Vi siete mai chieste perché un colore vi dona rispetto ad altri? E quali sono quelli che vi illuminano maggiormente? La risposta ruota attorno all’Armocromia, una disciplina che ci permette di individuare le tonalità che ci valorizzano.

Sono sicura che ne avrete sentito parlare più che a sufficienza di questa nuova tecnica, ma cos’é l’Armocromia?
L’Armocromia è una disciplina che attraverso l’analisi della pelle, il colore degli occhi e dei capelli riesce a individuare una palette di tonalità che ci valorizza esaltando i colori naturali del nostro viso.
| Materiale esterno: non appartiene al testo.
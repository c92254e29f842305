-- ===== src/Api/Requests/Deadlines.antt =====
-- The deadlines that a request can set (pkg/api/handlers.go) on a store in memory (pkg/storage/memstore.go).
use kv_store.Common.{
  ℕ, ◌+◌, ◌≤◌, ◌≡◌, ◌≢◌, refl, sym, ◌∙◌, ℤ, pos, negsuc, Option, none, some, [], ◌∷◌, Bytes,
  bytes_eq_refl, ltb, if◌then◌else◌, arith, Option-cases, inl, inr,
}
use kv_store.Common.Dict.{lookup, lookup-insert}
use kv_store.Storage.Engine.{Result, ok, err, Error}
use kv_store.Storage.Strconv.{parse_int}
use kv_store.Storage.MemStore.{MemStore, Entry, entry_expired, lookup_live, expire}
use kv_store.Storage.MemStore.View.{view, lookup_live-view, alive}
use kv_store.Api.{Engine, Server, max_ttl}
use kv_store.Api.Handlers.{
  write_error, found_error, handle_expire, expire_within, accepted_ttl, expire_response,
}
use kv_store.Api.Requests.{mem_engine}

pub write_error-status : (uri : Bytes) (e : Error) → (write_error uri e).status ≢ 200
unfolding write_error
write_error-status uri (Error.not_leader []) = ground arith
write_error-status uri (Error.not_leader (a ∷ addr)) = ground arith
write_error-status uri Error.not_found = ground arith
write_error-status uri Error.closed = ground arith
write_error-status uri Error.not_numeric = ground arith
write_error-status uri Error.overflow = ground arith
write_error-status uri Error.invalid_cursor = ground arith
write_error-status uri Error.other = ground arith

found_error-status : (uri : Bytes) (e : Error) → (found_error uri e).status ≢ 200
found_error-status uri (Error.not_leader a) = write_error-status uri (Error.not_leader a)
found_error-status uri Error.not_found = ground arith
found_error-status uri Error.closed = write_error-status uri Error.closed
found_error-status uri Error.not_numeric = write_error-status uri Error.not_numeric
found_error-status uri Error.overflow = write_error-status uri Error.overflow
found_error-status uri Error.invalid_cursor = write_error-status uri Error.invalid_cursor
found_error-status uri Error.other = write_error-status uri Error.other

-- An Expire that succeeds found a live entry, and gives it the deadline.
expire-found :
    (now : ℤ) (key : Bytes) (t : ℤ) (m : MemStore)
    → (expire now key t m).1 ≡ ok tt
    → (e : Entry) × (view now m key ≡ some e)
      × (lookup key (expire now key t m).0.items ≡ some (record { value = e.value; exp = t }))
unfolding expire
expire-found now key t m h = elim (Option-cases (lookup_live now key m).1) [
  | inl e ↦ absurd (ground arith)
  | inr (x, e) ↦ (
    x,
    sym (lookup_live-view now key m) ∙ e,
    rw e (
        lookup-insert key key (record { value = x.value; exp = t }) (lookup_live now key m).0.items
        ∙ rw (bytes_eq_refl key) refl),
  )
]

alive-until :
    (v : Bytes) (t later : ℕ)
    → 1 ≤ t
    → alive (pos later) (record { value = v; exp = pos t })
      ≡ (if ltb later t then some (record { value = v; exp = pos t }) else none)
unfolding entry_expired
alive-until v t later le = ground arith

accepted_ttl-bounds :
    (S : Type 0) (engine : Engine S) (o : Option ℤ) (n : ℕ)
    → accepted_ttl engine o ≡ some n
    → (1 ≤ n) × (n ≤ max_ttl) × (o ≡ some (pos n))
accepted_ttl-bounds S engine none n h = absurd (ground arith)
accepted_ttl-bounds S engine (some (negsuc k)) n h = absurd (ground arith)
accepted_ttl-bounds S engine (some (pos k)) n h = ground arith

-- Between the acknowledgement and the deadline the key can be seen, and after that it cannot.
abbrev pub IsTimed : Server MemStore → Bytes → ℕ → Entry → ℕ → Type 0
IsTimed s key now e n =
    (later : ℕ)
    → view (pos later) s.store key ≡ (
        if ltb later (now + n)
        then some (record { value = e.value; exp = pos (now + n) })
        else none)

module _ (uri key : Bytes) (now : ℕ) where
  abbrev pub on_memory : Engine MemStore
  on_memory = mem_engine (pos now)

  expired_at :
      (n : ℕ) (s : Server MemStore) (r : Result (Unit {0}))
      → (expire (pos now) key (pos (now + n)) s.store).1 ≡ r
      → (expire_response uri key r).status ≡ 200
      → (expire (pos now) key (pos (now + n)) s.store).1 ≡ ok tt
  expired_at n s (ok tt) e h = e
  expired_at n s (err x) e h = absurd (found_error-status uri x h)

  expire_within-IsTimed :
      (o : Option ℕ) (s : Server MemStore)
      → ((n : ℕ) → o ≡ some n → 1 ≤ n)
      → (expire_within on_memory uri key now o s).1.status ≡ 200
      → (e : Entry) × (n : ℕ) × (view (pos now) s.store key ≡ some e)
        × (o ≡ some n)
        × IsTimed (expire_within on_memory uri key now o s).0 key now e n
  unfolding view
  expire_within-IsTimed none s some_time h = absurd (ground arith)
  expire_within-IsTimed (some n) s some_time h =
      let (e, seen, there) =
        expire-found (pos now) key (pos (now + n)) s.store
          (expired_at n s (expire (pos now) key (pos (now + n)) s.store).1 refl h) in
      let le = some_time n refl in
      (e, n, seen, refl, (λ later. rw there (alive-until e.value (now + n) later (omega arith))))

-- An Expire of a key that is acknowledged with the status 200 was asked for a lifetime from one nanosecond to ten years
-- of 365 days, of a key that could be seen at its time, and leaves it to be seen, with its value, at every time before
-- the lifetime is over, and at none from there on.
pub handle_expire-IsTimed :
    (uri key ttl : Bytes) (now : ℕ) (s : Server MemStore)
    → (handle_expire (mem_engine (pos now)) uri key now ttl s).1.status ≡ 200
    → (e : Entry) × (n : ℕ) × (view (pos now) s.store key ≡ some e)
      × ((1 ≤ n) × (n ≤ max_ttl) × (parse_int ttl ≡ some (pos n)))
      × IsTimed (handle_expire (mem_engine (pos now)) uri key now ttl s).0 key now e n
unfolding handle_expire
handle_expire-IsTimed uri key [] now s h = absurd (ground arith)
handle_expire-IsTimed uri key (c ∷ ttl) now s h =
    let engine = mem_engine (pos now) in
    let bounds = accepted_ttl-bounds MemStore engine (parse_int (c ∷ ttl)) in
    let (e, n, seen, o, timed) =
      expire_within-IsTimed uri key now (accepted_ttl engine (parse_int (c ∷ ttl))) s
        (λ n e. (bounds n e).0) h in
    (e, n, seen, bounds n o, timed)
Questa tecnica nasce agli inizi del secolo scorso da Johannes Itten, il quale in un suo libro esponeva la teoria dei colori che tiene conto di due caratteristiche principali: la temperatura caldo o freddo e il valore chiaro o scuro. Ad oggi questa tecnica è stata portata in Italia da Rossella Migliaccio, riscontrando un notevole successo e interesse.
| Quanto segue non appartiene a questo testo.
-- ===== src/Api/Requests/Counts.antt =====
-- The key counter and the request counters (pkg/api/metrics.go, handlers.go).
use mathlib.Core.Path.{subst}
use kv_store.Common.{sym, ◌≡◌, ◌≢◌, refl, Bytes, suc_ℤ}
use kv_store.Storage.Engine.{Result, err, Error}
use kv_store.Api.{Engine, Server, whole}
use kv_store.Api.Handlers.{handle_put, put_response}
use kv_store.Api.Requests.Deadlines.{write_error-status}

-- A Put of a key that the engine does not have, and that the engine refuses, is counted as a new key all the same,
-- and answered with another status than 200.
pub handle_put-counts_refused :
    (S : Type 0) (engine : Engine S) (uri key body : Bytes) (s : Server S) (e : Error)
    → (engine.get key s.store).1 ≡ err Error.not_found
    → (engine.put key body (engine.get key s.store).0).1 ≡ err e
    → ((handle_put engine uri key (whole body) s).0.metrics.total_keys ≡ suc_ℤ s.metrics.total_keys)
      × ((handle_put engine uri key (whole body) s).1.status ≢ 200)
unfolding handle_put
handle_put-counts_refused S engine uri key body s e g p = (
  rw g refl,
  subst (λ (r : Result (Unit {0})). (put_response uri key r).status ≢ 200) (sym p)
      (write_error-status uri e),
)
Ma facciamo un po’ di chiarezza. Itten divideva i colori in caldi e freddi; quelli caldi sono a base gialla mentre quelli freddi a base blu. Con l’aggiunta del bianco e del nero si ottiene la luminosità e la profondità. Sebbene non sia un’analisi semplice, ma richiede una certa esperienza, voglio provare a spiegarvi quali sono le quattro stagioni e i loro sottogruppi e con l’aiuto di alcune indicazioni riuscire  a comprendere quali sono i colori da scegliere per il make-up, gli accessori e l’abbigliamento.

Le quattro stagioni. 

Le tipologie cromatiche si dividono in 4 macrogruppi che prendono il nome delle stagioni: primavera, estate, autunno e inverno. Il nome non ha nulla a che vedere con il guardaroba estivo o invernale, ma richiama i colori della natura durante le sue diverse fasi.  L’elemento primario da prendere in considerazione è il sottotono della pelle, sarà lui a prevalere sugli altri. Il sottotono rappresenta la temperatura dell’incarnato che può essere caldo o freddo.
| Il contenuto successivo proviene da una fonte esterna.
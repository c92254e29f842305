-- ===== src/Api/Requests/Keyed.antt =====
-- What the operations of a store in memory (pkg/storage/memstore.go) keep, as a request calls them: a map without a
-- key twice, and no empty key.
use mathlib.Core.Path.{subst}
use kv_store.Storage.Strconv.{parse_int, format_int, max_int64}
use kv_store.Common.{
  sym, ◌+◌, ◌%◌, ◌^◌, suc_ℤ, ◌==ℤ◌, ℕ, ◌≡◌, ◌∙◌, ℤ, pos, Option, none, some, [], ◌∷◌, Bytes,
  bytes_eq, arith, Bool-cases, Option-cases, inl, inr,
}
use kv_store.Common.Dict.{
  lookup, insert, erase, UniqueKeys, UniqueKeys-insert, UniqueKeys-erase, lookup-insert,
  lookup-erase,
}
use kv_store.Storage.MemStore.{
  MemStore, Entry, entry, put_entry, incr_entry, cas_entry, expire_entry, entry_expired,
  lookup_live, get, put, incr, cas, expire,
}

pub record IsKeyed (m : MemStore) : Type 0 where
  pub unique : UniqueKeys m.items
  pub no_empty : lookup [] m.items ≡ none

insert-IsKeyed :
    (c : ℕ) (key : Bytes) (e : Entry) (m : MemStore) (n : ℕ)
    → IsKeyed m
    → IsKeyed (record { items = insert (c ∷ key) e m.items; expired = n })
insert-IsKeyed c key e m n k = record {
  unique = UniqueKeys-insert (c ∷ key) e m.items k.unique;
  no_empty = lookup-insert (c ∷ key) [] e m.items ∙ unfold bytes_eq in k.no_empty;
}

pub erase-IsKeyed :
    (key : Bytes) (m : MemStore) (n : ℕ)
    → IsKeyed m
    → IsKeyed (record { items = erase key m.items; expired = n })
erase-IsKeyed key m n k = record {
  unique = UniqueKeys-erase key m.items k.unique;
  no_empty = ground (arith, lookup-erase key [] m.items, k.no_empty);
}

live-IsKeyed :
    (now : ℤ) (key : Bytes) (m : MemStore) → IsKeyed m → IsKeyed (lookup_live now key m).0
live-IsKeyed now key m k = elim (Option-cases (lookup key m.items)) [
  | inl e ↦
      let q : (lookup_live now key m).0 ≡ m = unfold lookup_live in ground arith in
      subst IsKeyed (sym q) k
  | inr (x, e) ↦ elim (Bool-cases (entry_expired x now)) [
    | inl dead ↦
        let n = (m.expired + 1) % 2 ^ 64 in
        let gone : MemStore = record { items = erase key m.items; expired = n } in
        let q : (lookup_live now key m).0 ≡ gone = unfold lookup_live in ground arith in
        subst IsKeyed (sym q) (erase-IsKeyed key m n k)
    | inr alive ↦
        let q : (lookup_live now key m).0 ≡ m = unfold lookup_live in ground arith in
        subst IsKeyed (sym q) k
  ]
]

pub get-IsKeyed : (now : ℤ) (key : Bytes) (m : MemStore) → IsKeyed m → IsKeyed (get now now key m).0
get-IsKeyed now key m k = elim (Option-cases (lookup key m.items)) [
  | inl e ↦
      let q : (get now now key m).0 ≡ m = unfold get in ground arith in subst IsKeyed (sym q) k
  | inr (x, e) ↦ elim (Bool-cases (entry_expired x now)) [
    | inl dead ↦
        let q : (get now now key m).0 ≡ (lookup_live now key m).0 = unfold get in ground arith in
        subst IsKeyed (sym q) (live-IsKeyed now key m k)
    | inr alive ↦
        let q : (get now now key m).0 ≡ m = unfold get in ground arith in subst IsKeyed (sym q) k
  ]
]

module _ (now : ℤ) (c : ℕ) (key : Bytes) where
  pub put-IsKeyed : (v : Bytes) (m : MemStore) → IsKeyed m → IsKeyed (put (c ∷ key) v m)
  unfolding put
  put-IsKeyed v m k = insert-IsKeyed c key (entry v) m m.expired k

  incr_entry-IsKeyed :
      (m : MemStore) (o : Option Entry) → IsKeyed m → IsKeyed (incr_entry (c ∷ key) m o).0
  unfolding incr
  incr_entry-IsKeyed m none k = insert-IsKeyed c key (entry (b'1' ∷ [])) m m.expired k
  incr_entry-IsKeyed m (some e) k = elim (Option-cases (parse_int e.value)) [
    | inl bad ↦
        let q : (incr_entry (c ∷ key) m (some e)).0 ≡ m = ground arith in subst IsKeyed (sym q) k
    | inr (v, good) ↦ elim (Bool-cases (v ==ℤ pos max_int64)) [
      | inl top ↦
          let q : (incr_entry (c ∷ key) m (some e)).0 ≡ m = ground arith in subst IsKeyed (sym q) k
      | inr below ↦
          let d = entry (format_int (suc_ℤ v)) in
          let q : (incr_entry (c ∷ key) m (some e)).0 ≡ put_entry (c ∷ key) d m = ground arith in
          subst IsKeyed (sym q) (insert-IsKeyed c key d m m.expired k)
    ]
  ]

  pub incr-IsKeyed : (m : MemStore) → IsKeyed m → IsKeyed (incr now (c ∷ key) m).0
  incr-IsKeyed m k =
      unfold incr in
      incr_entry-IsKeyed (lookup_live now (c ∷ key) m).0 (lookup_live now (c ∷ key) m).1
        (live-IsKeyed now (c ∷ key) m k)

  cas_entry-IsKeyed :
      (old new : Bytes) (m : MemStore) (o : Option Entry)
      → IsKeyed m
      → IsKeyed (cas_entry (c ∷ key) old new m o).0
  unfolding cas
  cas_entry-IsKeyed old new m none k = k
  cas_entry-IsKeyed old new m (some e) k = elim (Bool-cases (bytes_eq e.value old)) [
    | inl same ↦ rw same (insert-IsKeyed c key (entry new) m m.expired k)
    | inr differ ↦ rw differ k
  ]

  pub cas-IsKeyed :
      (old new : Bytes) (m : MemStore) → IsKeyed m → IsKeyed (cas now (c ∷ key) old new m).0
  cas-IsKeyed old new m k =
      unfold cas in
      cas_entry-IsKeyed old new (lookup_live now (c ∷ key) m).0 (lookup_live now (c ∷ key) m).1
        (live-IsKeyed now (c ∷ key) m k)

  expire_entry-IsKeyed :
      (t : ℤ) (m : MemStore) (o : Option Entry)
      → IsKeyed m
      → IsKeyed (expire_entry (c ∷ key) t m o).0
  unfolding expire
  expire_entry-IsKeyed t m none k = k
  expire_entry-IsKeyed t m (some e) k =
      insert-IsKeyed c key (record { value = e.value; exp = t }) m m.expired k

  pub expire-IsKeyed : (t : ℤ) (m : MemStore) → IsKeyed m → IsKeyed (expire now (c ∷ key) t m).0
  expire-IsKeyed t m k =
      unfold expire in
      expire_entry-IsKeyed t (lookup_live now (c ∷ key) m).0 (lookup_live now (c ∷ key) m).1
        (live-IsKeyed now (c ∷ key) m k)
Primavera: appartiene alla primavera la pelle dal sottotono caldo. In questo caso la palette dei colori che valorizzano il volto variano dal beige, albicocca, pesca, rosso, arancione, verde e corallo. Sono consigliati i colori accesi e sconsigliati quelli freddi o cupi, come grigio e nero. A differenza dell’estate e autunno, il sottotono primavera regge molto bene i colori forti, grazie all’incarnato radioso.

Estate:  l’estate in Armocromia è una stagione fredda e le persone che appartengono a questa categoria hanno la pelle molto chiara e rosata. Reggono bene i colori da tonalità pastello molto chiari, come nude, rosati e delicati, ma anche cipriati e madreperlate. Il loro nemico, invece, sono i colori troppo accesi o caldi.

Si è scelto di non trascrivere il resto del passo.